Dawn is climbing away from the Sun on a blue-green pillar of xenon ions as it begins a new chapter in its mission. After the remarkably successful initial checkout phase, the project is now in the interplanetary cruise phase.

When last we visited Dawn, it had superbly demonstrated that it was ready to fly the way it will for most of the mission. Although there will be many special activities during its journey to Vesta and from there to Ceres (and be sure to visit this site again to be among the best informed on your planet of what Dawn is doing), the probe will spend most of its time doing what it is doing today: patiently reshaping its orbit around the Sun with its amazingly efficient ion propulsion system.

Without taking any more time than was needed for some high fives (and a few high sixes for the more mathematically avant-garde) following the flawless execution of the test of long-term thrusting, the team turned its attention to more checkout activities. Ion thruster #2 was the focus of tests on November 13 - 15, and the excellent results matched those of thrusters #1 and #3. (The identities and locations of the thrusters were revealed in a previous log before such information could be publicized by more sensational, vulgar sources.)

November 19 was the first in-flight use of the spacecraft’s main antenna. (In fact, that antenna was used in some of the thruster #2 tests, in which the spacecraft was oriented so the antenna cast a shadow on the thruster. This permitted operation at the highest throttle level without overheating while still relatively close to the Sun. We recommend even to official Dawn scorekeepers that that not count as the antenna’s first use.) Because of the celestial geometry earlier in the mission, pointing the main antenna to Earth would have exposed sensitive components elsewhere on the craft to too much solar heating. All communications prior to the use of the main antenna relied on 1 of the 3 smaller antennas that do not emit as tight a radio beam. As the distance to the spacecraft increases, the smaller antennas will allow only very slow communications, while the main antenna, with a diameter of 1.52 meters (5 feet), will permit the return of many pictures and other scientific data even from distant Vesta and Ceres.

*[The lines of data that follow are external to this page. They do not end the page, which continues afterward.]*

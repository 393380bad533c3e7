-- ===== src/Accounts/Routing.antt =====
-- What the readers return: only active accounts are routed to, and a stopped plan stops routing.
use email_summary.Prelude.{
  String, ◌≡◌, ◌≢◌, true, false, Option, some, List, [], ◌∷◌, map, arith, eq_iff, select, All,
  All-select, All-select_keeps, Option-cases, subst, inl, inr, Bool-cases,
}
use email_summary.Prelude.Text.{norm}
use email_summary.Accounts.Store.{ok, Entry, State, is_entry, edit_first, edit, set_plan_status}
use email_summary.Accounts.Keeps.{set_plan_status_parts}
use email_summary.Accounts.Lookup.{
  Account, account_from_entry, all_accounts, load_accounts, get_account, match_address, first_owner,
  owns, is_active, is_sound, no_repeats, text_in, ids,
}

first_owner-All :
    (P : Account → Type 0) (email : String) (pool : List Account) (a : Account)
    → All P pool
    → first_owner email pool ≡ some a
    → P a
first_owner-All P email [] a h e = cc
first_owner-All P email (b ∷ pool) a h e = elim (Bool-cases (owns email b)) [
  | inl found ↦ subst P (ground arith) h.0
  | inr other ↦ first_owner-All P email pool a h.1 (ground arith)
]

first_owner-owns :
    (email : String) (pool : List Account) (a : Account)
    → first_owner email pool ≡ some a
    → owns email a ≡ true
first_owner-owns email [] a h = cc
first_owner-owns email (b ∷ pool) a h = ground (arith, first_owner-owns email pool a)

-- What an answer of `get_account` comes from.
get_account_parts :
    (bot : Option String) (email : String) (s : State) (a : Account)
    → get_account bot email s ≡ ok (some a)
    → (entries : List Entry) × (s.manifest ≡ some entries)
      × (is_sound entries ≡ true)
      × (first_owner (norm email) (select is_active (map (account_from_entry bot) entries))
          ≡ some a)
unfolding get_account load_accounts match_address all_accounts
get_account_parts bot email s a h = elim (Option-cases s.manifest) [
  | inl missing ↦ absurd (ground arith)
  | inr (entries, there) ↦ (entries, there, ground arith, ground arith)
]

-- An account that `get_account` returns has the address, and its plan is not inactive.
pub get_account_routes :
    (bot : Option String) (email : String) (s : State) (a : Account)
    → get_account bot email s ≡ ok (some a)
    → (is_active a ≡ true) × (owns (norm email) a ≡ true)
get_account_routes bot email s a h =
    let (entries, there, sound, found) = get_account_parts bot email s a h in
    (
      first_owner-All (λ x. is_active x ≡ true) (norm email)
          (select is_active (map (account_from_entry bot) entries)) a
          (All-select (λ x. is_active x ≡ true) is_active (map (account_from_entry bot) entries)
            (λ x e. e))
          found,
      first_owner-owns (norm email) (select is_active (map (account_from_entry bot) entries)) a
          found,
    )

abbrev pub HasNormalIds : List Entry → Type 0
HasNormalIds = All (λ e. norm e.id ≡ e.id)

-- No entry but the first has the address, where ids are normal and do not repeat.
others_differ :
    (key : String) (own : String) (es : List Entry)
    → norm own ≡ key
    → norm own ≡ own
    → HasNormalIds es
    → text_in own (ids es) ≡ false
    → All (λ e. norm e.id ≢ key) es
others_differ key own [] n o h t = tt
others_differ key own (e ∷ es) n o h t =
    (λ q. ground (arith, eq_iff e.id own), others_differ key own es n o h.1 (ground arith))

abbrev stop : Entry → Entry
stop e = record e { plan_status = some "inactive" }

abbrev IsElsewhere : String → Account → Type 0
IsElsewhere key a = is_active a ≡ true → norm a.id ≢ key

map-IsElsewhere :
    (bot : Option String) (key : String) (es : List Entry)
    → All (λ e. norm e.id ≢ key) es
    → All (IsElsewhere key) (map (account_from_entry bot) es)
unfolding account_from_entry
map-IsElsewhere bot key [] h = tt
map-IsElsewhere bot key (e ∷ es) h = (λ _. h.0, map-IsElsewhere bot key es h.1)

stopped-IsElsewhere :
    (bot : Option String) (key : String) (es : List Entry)
    → HasNormalIds es
    → no_repeats (ids (edit_first key stop es)) ≡ true
    → All (IsElsewhere key) (map (account_from_entry bot) (edit_first key stop es))
stopped-IsElsewhere bot key [] n u = tt
stopped-IsElsewhere bot key (e ∷ es) n u = elim (Bool-cases (is_entry key e)) [
  | inl hit ↦ rw hit (
    unfold account_from_entry in (λ q. ground arith),
    map-IsElsewhere bot key es (
        others_differ key e.id es ((eq_iff (norm e.id) key).0 hit) n.0 n.1
          (let u' = rw hit at u in ground arith)),
  )
  | inr miss ↦ rw miss (
    unfold account_from_entry in (λ _ q. ground (arith, eq_iff (norm e.id) key)),
    stopped-IsElsewhere bot key es n.1 (let u' = rw miss at u in ground arith),
  )
]

-- Once an account's plan is set to inactive, `get_account` returns no account with its id, whatever
-- address is asked for: an unpaid user is unroutable.
pub inactive_is_unroutable :
    (bot : Option String) (account_id email : String) (s s' : State) (prior : String) (a : Account)
    → ((entries : List Entry) → s.manifest ≡ some entries → HasNormalIds entries)
    → set_plan_status account_id "inactive" s ≡ ok (prior, s')
    → get_account bot email s' ≡ ok (some a)
    → norm a.id ≢ norm account_id
inactive_is_unroutable bot account_id email s s' prior a normal stopped found =
    let (entries, entry, there, hit, same, now) =
      set_plan_status_parts account_id "inactive" s s' prior stopped in
    let (entries', there', sound, owner) = get_account_parts bot email s' a found in
    let after : entries' ≡ edit account_id stop entries = ground arith in
    let sound' : is_sound (edit account_id stop entries) ≡ true = rw after at sound in
    first_owner-All (IsElsewhere (norm account_id)) (norm email)
      (select is_active (map (account_from_entry bot) entries')) a
      (All-select_keeps (IsElsewhere (norm account_id)) is_active
        (map (account_from_entry bot) entries')
        (rw after (
          stopped-IsElsewhere bot (norm account_id) entries (normal entries there) (ground arith))))
      owner (get_account_routes bot email s' a found).0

Much of the rest of the initial checkout phase was dedicated to updating software on the spacecraft. Many units onboard, both in engineering subsystems and in science instruments, incorporate their own computers, but the command and data handling subsystem contains the master computers. One main computer runs operations aboard the ship, and another computer supports it (and has a few other responsibilities of its own). Each of these computers has an identical backup, able to take over should the primary unit experience problems. With a planned 8-year mission in the forbidding environment of deep space, Dawn may face challenges that require more than such backup hardware. So each main and each support computer holds both a primary and a backup copy of the software. If radiation or some other problem corrupts one version of the software, the system can detect that and resort to another.

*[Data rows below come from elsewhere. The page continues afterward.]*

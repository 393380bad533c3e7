-- ===== src/Accounts/Settings.antt =====
-- `set_settings` of backend/accounts/account.py: the preferences the web pages own.
pub mod Again
use Prim.Native.Char.{Char, code}
use email_summary.Prelude.{
  ℕ, suc, String, Bool, true, false, not, ◌&&◌, ◌||◌, Option, none, some, List, [], ◌∷◌, ◌++◌,
  str_eq, if◌then◌else◌, leb, ◌==◌, is_some, some_pass,
}
use email_summary.Prelude.Text.{norm}
use email_summary.Accounts.Store.{
  Result, ok, err, ◌>>=◌, ◌>>◌, guard, invalid_data, assertion, Entry, State, settings_area,
  or_text, same_text, open_manifest, close_manifest, entry_for, edit,
}
use email_summary.Accounts.Register.{present}

abbrev in_range : ℕ → ℕ → Char → Bool
in_range a b c = leb a (code c) && leb (code c) b

abbrev is_letter : Char → Bool
is_letter c = in_range b'a' b'z' c

abbrev is_alphanumeric : Char → Bool
is_alphanumeric c = is_letter c || in_range b'0' b'9' c

-- `[a-z0-9.-]`
abbrev is_domain_char : Char → Bool
is_domain_char c = is_alphanumeric c || code c == b'.' || code c == b'-'

-- `[a-z0-9._%+-]`
abbrev is_local_char : Char → Bool
is_local_char c = is_domain_char c || code c == b'_' || code c == b'%' || code c == b'+'

-- `[a-z]{lo,hi}` to the end, with `n` letters read before.
letters_to_end : ℕ → String → Bool
letters_to_end n String.[] = leb 2 n && leb n 24
letters_to_end n (String.◌∷◌ c s) = is_letter c && letters_to_end (suc n) s

-- `[a-z0-9.-]{1,128}\.[a-z]{2,24}`, with `n` characters of the first part read before.
domain_to_end : ℕ → String → Bool
unfolding letters_to_end
domain_to_end n String.[] = false
domain_to_end n (String.◌∷◌ c s) =
    leb 1 n && leb n 128 && code c == b'.' && letters_to_end 0 s
    || is_domain_char c && domain_to_end (suc n) s

-- `[a-z0-9._%+-]{0,127}@...`, with `n` characters read before.
local_to_end : ℕ → String → Bool
unfolding domain_to_end
local_to_end n String.[] = false
local_to_end n (String.◌∷◌ c s) =
    leb n 127 && code c == b'@' && domain_to_end 0 s || is_local_char c && local_to_end (suc n) s

-- `CALENDAR_ID_RE.fullmatch`
unfoldable pub is_calendar_id : String → Bool
unfolding local_to_end
is_calendar_id String.[] = false
is_calendar_id (String.◌∷◌ c s) = is_alphanumeric c && local_to_end 0 s

-- The arguments; `none` where the caller did not ask.
pub record Asked : Type 0 where
  pub timezone : Option String
  pub auto_schedule : Option Bool
  pub inference_provider : Option String
  pub pii_analyzer : Option Bool
  pub ban_dashes : Option Bool
  pub community_calendar : Option String

pub record Provider : Type 0 where
  pub name : String
  pub configured : Bool

abbrev pub asks_something : Asked → Bool
asks_something a =
    is_some a.timezone
    || is_some a.auto_schedule
    || is_some a.inference_provider
    || is_some a.pii_analyzer
    || is_some a.ban_dashes
    || is_some a.community_calendar

-- A provider that is asked for is one of `PROVIDERS`, and its key is set.
abbrev pub may_select : List Provider → Option String → Bool
may_select providers none = true
may_select providers (some name) =
    some_pass (λ (p : Provider). str_eq p.name name && p.configured) providers

abbrev pub calendar_ok : Option String → Bool
calendar_ok none = true
calendar_ok (some calendar) = str_eq (norm calendar) "" || is_calendar_id (norm calendar)

abbrev pub same_flag : Option Bool → Bool → Bool
same_flag none b = false
same_flag (some a) b = if a then b else not b

abbrev pub text_changed : String → Option String → Option String → List String
text_changed field none stored = []
text_changed field (some value) stored = if same_text stored value then [] else field ∷ []

abbrev pub flag_changed : String → Option Bool → Option Bool → List String
flag_changed field none stored = []
flag_changed field (some value) stored = if same_flag stored value then [] else field ∷ []

abbrev pub calendar_changed : Option String → Option String → List String
calendar_changed none stored = []
calendar_changed (some calendar) stored =
    if str_eq (or_text stored "") (norm calendar) then [] else "community_calendar" ∷ []

-- The fields whose value the call changes; an absent key counts as its default.
unfoldable pub changed_fields : Asked → Entry → List String
changed_fields a e =
    text_changed "timezone" a.timezone (present e.timezone (some "UTC"))
    ++ flag_changed "auto_schedule" a.auto_schedule (present e.auto_schedule (some false))
    ++ text_changed "inference_provider" a.inference_provider e.inference_provider
    ++ flag_changed "pii_analyzer" a.pii_analyzer (present e.pii_analyzer (some true))
    ++ flag_changed "ban_dashes" a.ban_dashes (present e.ban_dashes (some true))
    ++ calendar_changed a.community_calendar e.community_calendar

abbrev pub new_calendar : Option String → Option String → Option String
new_calendar none stored = stored
new_calendar (some calendar) stored =
    if str_eq (norm calendar) "" then none else some (norm calendar)

unfoldable pub prefer : Asked → Entry → Entry
prefer a e = record e {
  timezone = present a.timezone e.timezone;
  auto_schedule = present a.auto_schedule e.auto_schedule;
  inference_provider = present a.inference_provider e.inference_provider;
  pii_analyzer = present a.pii_analyzer e.pii_analyzer;
  ban_dashes = present a.ban_dashes e.ban_dashes;
  community_calendar = new_calendar a.community_calendar e.community_calendar;
}

abbrev pub saved_or_unchanged : List String → String
saved_or_unchanged [] = "unchanged"
saved_or_unchanged (x ∷ xs) = "saved"

-- `set_settings`
unfoldable pub set_settings : List Provider → String → Asked → State → Result (Entry × State)
unfolding open_manifest entry_for
set_settings providers account_id a s = do
  guard (asks_something a) assertion
  guard (may_select providers a.inference_provider) assertion
  entries ← open_manifest false s
  entry ← entry_for account_id entries
  guard (calendar_ok a.community_calendar) invalid_data
  ok (
    prefer a entry,
    close_manifest (edit account_id (prefer a) entries)
        (record {
          account = entry.id;
          area = settings_area;
          outcome = saved_or_unchanged (changed_fields a entry);
          fields = changed_fields a entry;
        })
        s,
  )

Engineers recognized well before launch that new software would need to be loaded during the initial checkout phase. As extensive as ground testing was, the team anticipated that the need for some updates would be identified once Dawn was operating in space. In addition, during the last few months before launch, when ongoing testing ferreted out bugs, only those changes that were essential for the beginning of the mission were made. Modifying complicated software is -- well, complicated; and seemingly simple changes can have unintended consequences. To allow thorough testing of the spacecraft’s capability to complete the complex and critical steps after separating from its Delta rocket, as described on September 21, late prelaunch changes to the software were kept to a minimum, and an improved version was planned for November.

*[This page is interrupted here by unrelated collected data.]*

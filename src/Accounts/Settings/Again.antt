-- ===== src/Accounts/Settings/Again.antt =====
-- Saving the same settings form twice.
use email_summary.Prelude.{
  String, ◌≡◌, refl, ap, ◌∙◌, Bool, true, false, Option, none, some, List, [], ◌∷◌, arith, eq_iff,
  inl, inr, Bool-cases, Option-cases,
}
use email_summary.Prelude.Text.{norm}
use email_summary.Accounts.Store.{
  ok, Entry, State, settings_area, is_entry, find_entry, edit_first, edit, entry_for, open_manifest,
  close_manifest,
}
use email_summary.Accounts.Register.{present}
use email_summary.Accounts.Keeps.{find_entry-edit_first}
use email_summary.Accounts.Settings.{
  Asked, Provider, asks_something, may_select, calendar_ok, saved_or_unchanged, changed_fields,
  prefer, set_settings, text_changed, flag_changed, calendar_changed, new_calendar,
}

edit_first_again :
    (f : Entry → Entry) (key : String) (entries : List Entry)
    → ((e : Entry) → f (f e) ≡ f e)
    → ((e : Entry) → (f e).id ≡ e.id)
    → edit_first key f (edit_first key f entries) ≡ edit_first key f entries
edit_first_again f key [] again keeps_id = refl
edit_first_again f key (e ∷ entries) again keeps_id = elim (Bool-cases (is_entry key e)) [
  | inl hit ↦
      let still : is_entry key (f e) ≡ true = rw (keeps_id e) hit in
      rw (hit, still) (ap (λ x. x ∷ entries) (again e))
  | inr miss ↦ rw (miss, miss) (ap (λ es. e ∷ es) (edit_first_again f key entries again keeps_id))
]

text_saved :
    (field : String) (asked stored d : Option String)
    → text_changed field asked (present (present asked stored) d) ≡ []
text_saved field none stored d = refl
text_saved field (some v) stored d = ground (arith, eq_iff v v)

text_stored :
    (field : String) (asked stored : Option String)
    → text_changed field asked (present asked stored) ≡ []
text_stored field none stored = refl
text_stored field (some v) stored = ground (arith, eq_iff v v)

flag_saved :
    (field : String) (asked stored d : Option Bool)
    → flag_changed field asked (present (present asked stored) d) ≡ []
flag_saved field none stored d = refl
flag_saved field (some true) stored d = refl
flag_saved field (some false) stored d = refl

calendar_saved :
    (asked stored : Option String) → calendar_changed asked (new_calendar asked stored) ≡ []
calendar_saved none stored = refl
calendar_saved (some c) stored = ground (arith, eq_iff (norm c) (norm c), eq_iff (norm c) "")

present_again {ℓ} : {A : Type ℓ} (a b : Option A) → present a (present a b) ≡ present a b
present_again none b = refl
present_again (some x) b = refl

calendar_again :
    (a stored : Option String) → new_calendar a (new_calendar a stored) ≡ new_calendar a stored
calendar_again none stored = refl
calendar_again (some c) stored = refl

nothing_changes : (a : Asked) (e : Entry) → changed_fields a (prefer a e) ≡ []
unfolding changed_fields prefer
nothing_changes a e =
    rw
      (
        text_saved "timezone" a.timezone e.timezone (some "UTC"),
        flag_saved "auto_schedule" a.auto_schedule e.auto_schedule (some false),
        text_stored "inference_provider" a.inference_provider e.inference_provider,
        flag_saved "pii_analyzer" a.pii_analyzer e.pii_analyzer (some true),
        flag_saved "ban_dashes" a.ban_dashes e.ban_dashes (some true),
        calendar_saved a.community_calendar e.community_calendar,
      )
      refl

prefer_again : (a : Asked) (e : Entry) → prefer a (prefer a e) ≡ prefer a e
unfolding prefer
prefer_again a e =
    rw
      (
        present_again a.timezone e.timezone,
        present_again a.auto_schedule e.auto_schedule,
        present_again a.inference_provider e.inference_provider,
        present_again a.pii_analyzer e.pii_analyzer,
        present_again a.ban_dashes e.ban_dashes,
        calendar_again a.community_calendar e.community_calendar,
      )
      refl

-- What a save with nothing wrong returns.
set_settings_at :
    (providers : List Provider) (account_id : String) (a : Asked) (s : State) (entries : List Entry)
    (old : Entry)
    → s.manifest ≡ some entries
    → find_entry (norm account_id) entries ≡ some old
    → asks_something a ≡ true
    → may_select providers a.inference_provider ≡ true
    → calendar_ok a.community_calendar ≡ true
    → set_settings providers account_id a s
      ≡ ok (
        prefer a old,
        close_manifest
            (edit account_id (prefer a) entries)
            (record {
              account = old.id;
              area = settings_area;
              outcome = saved_or_unchanged (changed_fields a old);
              fields = changed_fields a old;
            })
            s,
      )
unfolding set_settings open_manifest entry_for
set_settings_at providers account_id a s entries old there found asks may sound =
    let opened : open_manifest false s ≡ ok entries = rw (there, open_manifest) refl in
    let the_entry : entry_for account_id entries ≡ ok old = rw (found, entry_for) refl in
    rw (asks, may, opened, the_entry, sound) refl

-- Where a save returned, the same save again returns the same entry, leaves the manifest as it is,
-- and its one audit row says that nothing changed.
pub set_settings_again :
    (providers : List Provider) (account_id : String) (a : Asked) (s s' : State) (e : Entry)
    → set_settings providers account_id a s ≡ ok (e, s')
    → set_settings providers account_id a s'
      ≡ ok (
        e,
        record {
          manifest = s'.manifest;
          log =
              record { account = e.id; area = settings_area; outcome = "unchanged"; fields = [] }
              ∷ s'.log;
        },
      )
unfolding set_settings
set_settings_again providers account_id a s s' e h = elim (Option-cases s.manifest) [
  | inl missing ↦ absurd (ground arith)
  | inr (entries, there) ↦ elim (Option-cases (find_entry (norm account_id) entries)) [
    | inl nobody ↦ absurd (ground arith)
    | inr (old, found) ↦
        let key = norm account_id in
        let asks : asks_something a ≡ true = ground arith in
        let may : may_select providers a.inference_provider ≡ true = ground arith in
        let sound : calendar_ok a.community_calendar ≡ true = ground arith in
        let same : e ≡ prefer a old = ground arith in
        let now : s'.manifest ≡ some (edit_first key (prefer a) entries) = ground arith in
        let found' : find_entry key (edit_first key (prefer a) entries) ≡ some (prefer a old) =
          rw
            (find_entry-edit_first (prefer a) (unfold prefer in (λ x. refl)) key key entries, found)
            (ground (arith, eq_iff key key)) in
        set_settings_at providers account_id a s' (edit_first key (prefer a) entries) (prefer a old)
          now found' asks may sound
        ∙ rw (nothing_changes a old, prefer_again a old, same)
            (rw
              (
                edit_first_again (prefer a) key entries (prefer_again a)
                    (unfold prefer in (λ x. refl)),
                now,
              )
              refl)
  ]
]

Following the popular trend of giving software a snazzy name, the project denoted the latest suite “flight software 7.0.” We fully expect this to inspire new toys, movies, fashions, and even lifestyles (particularly among readers in the Pleiades), and Dawn’s marketing department is standing by to work with you.

On November 20, the new software for the support computers was radioed from Earth and installed separately on the primary and backup units in the command and data handling system. The software for each computer requires 67 files occupying about 135 kilobytes with a total of 22,800 lines written in the programming language C and in assembly code. The backup copies of the 7.0 software were transmitted to both computers on December 6. Each of these activities required great care, verifying that the computer memory remained healthy throughout, that no bits were lost or altered in transmission or storage, and that if an unrelated problem arose on the spacecraft during the process, the computers would be able to handle it, never being left in a vulnerable state. Each step was tested and verified repeatedly with the indispensable Dawn spacecraft simulator at JPL (down the hall from mission control and around the corner from the very popular Dawn ice cream freezer and the less popular Dawn fruit bowl).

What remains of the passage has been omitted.